__Exercise prompt__
Please write out exactly the lines that begin at the line containing "limits : Bytes → ℕ → Call" and run to the end of the records.

Stored data:
-- ===== src/Tracker/Balance.antt =====
-- The counters of internal/bandwidth/tracker.go under any history of calls.
use multi_protocol_proxy.Prelude.{ℕ, List, [], ◌∷◌, none, Bytes, ◌≡◌, arith, add64}
use multi_protocol_proxy.Tracker.{
  Tracker, Moment, record_bytes, check_allowance, get_usage, increment_conns, decrement_conns,
  check_conn_limit, save_to_disk, new_tracker,
}
use multi_protocol_proxy.Tracker.View.{
  view, record_bytes-view, check_allowance-view, get_usage-view, increment_conns-view,
  decrement_conns-view, check_conn_limit-view, save_to_disk-view, new_tracker-view,
}

-- The total of every name is the sum of its two directions, modulo 2^64.
abbrev pub IsBalanced : Tracker → Type 0
IsBalanced t = (k : Bytes) → (view t k).total ≡ add64 (view t k).up (view t k).down

-- The calls of the methods that write a tracker.
pub data Call : Type 0 where
  records : Bytes → ℕ → ℕ → Call
  allowances : Bytes → ℕ → Call
  usages : Bytes → Call
  increments decrements : Bytes → Call
  limits : Bytes → ℕ → Call
  saves : Call

unfoldable pub step : Tracker → Moment × Call → Tracker
step t (m, records u up down) = record_bytes t u up down m
step t (m, allowances u gb) = (check_allowance t u gb m).0
step t (m, usages u) = (get_usage t u m).0
step t (m, increments u) = increment_conns t u m
step t (m, decrements u) = decrement_conns t u m
step t (m, limits u n) = (check_conn_limit t u n m).0
step t (m, saves) = save_to_disk t m

unfoldable pub run : Tracker → List (Moment × Call) → Tracker
run t [] = t
run t (c ∷ cs) = run (step t c) cs

-- Every call keeps each name balanced.
pub step-IsBalanced : (t : Tracker) (c : Moment × Call) → IsBalanced t → IsBalanced (step t c)
unfolding step
step-IsBalanced t (m, records u up down) b k =
    rw (record_bytes-view t u k up down m) (ground (arith, b k))
step-IsBalanced t (m, allowances u gb) b k =
    rw (check_allowance-view t u k gb m) (ground (arith, b k))
step-IsBalanced t (m, usages u) b k = rw (get_usage-view t u k m) (b k)
step-IsBalanced t (m, increments u) b k = rw (increment_conns-view t u k m) (ground (arith, b k))
step-IsBalanced t (m, decrements u) b k = rw (decrement_conns-view t u k m) (ground (arith, b k))
step-IsBalanced t (m, limits u n) b k = rw (check_conn_limit-view t u k n m) (b k)
step-IsBalanced t (m, saves) b k = rw (save_to_disk-view t k m) (b k)

run-IsBalanced : (t : Tracker) (cs : List (Moment × Call)) → IsBalanced t → IsBalanced (run t cs)
unfolding run
run-IsBalanced t [] b = b
run-IsBalanced t (c ∷ cs) b = run-IsBalanced (step t c) cs (step-IsBalanced t c b)

-- Under every history of calls, a tracker that starts with no usage file has, for each name, a
-- total that is the sum of its bytes up and down, modulo 2^64.
pub run-new_tracker-IsBalanced :
    (m : Moment) (cs : List (Moment × Call)) → IsBalanced (run (new_tracker none m) cs)
run-new_tracker-IsBalanced m cs =
    run-IsBalanced (new_tracker none m) cs λ k. rw (new_tracker-view m k) (omega arith)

__Answer box__
  limits : Bytes → ℕ → Call
  saves : Call

unfoldable pub step : Tracker → Moment × Call → Tracker
step t (m, records u up down) = record_bytes t u up down m
step t (m, allowances u gb) = (check_allowance t u gb m).0
step t (m, usages u) = (get_usage t u m).0
step t (m, increments u) = increment_conns t u m
step t (m, decrements u) = decrement_conns t u m
step t (m, limits u n) = (check_conn_limit t u n m).0
step t (m, saves) = save_to_disk t m

unfoldable pub run : Tracker → List (Moment × Call) → Tracker
run t [] = t
run t (c ∷ cs) = run (step t c) cs

-- Every call keeps each name balanced.
pub step-IsBalanced : (t : Tracker) (c : Moment × Call) → IsBalanced t → IsBalanced (step t c)
unfolding step
step-IsBalanced t (m, records u up down) b k =
    rw (record_bytes-view t u k up down m) (ground (arith, b k))
step-IsBalanced t (m, allowances u gb) b k =
    rw (check_allowance-view t u k gb m) (ground (arith, b k))
step-IsBalanced t (m, usages u) b k = rw (get_usage-view t u k m) (b k)
step-IsBalanced t (m, increments u) b k = rw (increment_conns-view t u k m) (ground (arith, b k))
step-IsBalanced t (m, decrements u) b k = rw (decrement_conns-view t u k m) (ground (arith, b k))
step-IsBalanced t (m, limits u n) b k = rw (check_conn_limit-view t u k n m) (b k)
step-IsBalanced t (m, saves) b k = rw (save_to_disk-view t k m) (b k)

run-IsBalanced : (t : Tracker) (cs : List (Moment × Call)) → IsBalanced t → IsBalanced (run t cs)
unfolding run
run-IsBalanced t [] b = b
run-IsBalanced t (c ∷ cs) b = run-IsBalanced (step t c) cs (step-IsBalanced t c b)

-- Under every history of calls, a tracker that starts with no usage file has, for each name, a
-- total that is the sum of its bytes up and down, modulo 2^64.
pub run-new_tracker-IsBalanced :
    (m : Moment) (cs : List (Moment × Call)) → IsBalanced (run (new_tracker none m) cs)
run-new_tracker-IsBalanced m cs =
    run-IsBalanced (new_tracker none m) cs λ k. rw (new_tracker-view m k) (omega arith)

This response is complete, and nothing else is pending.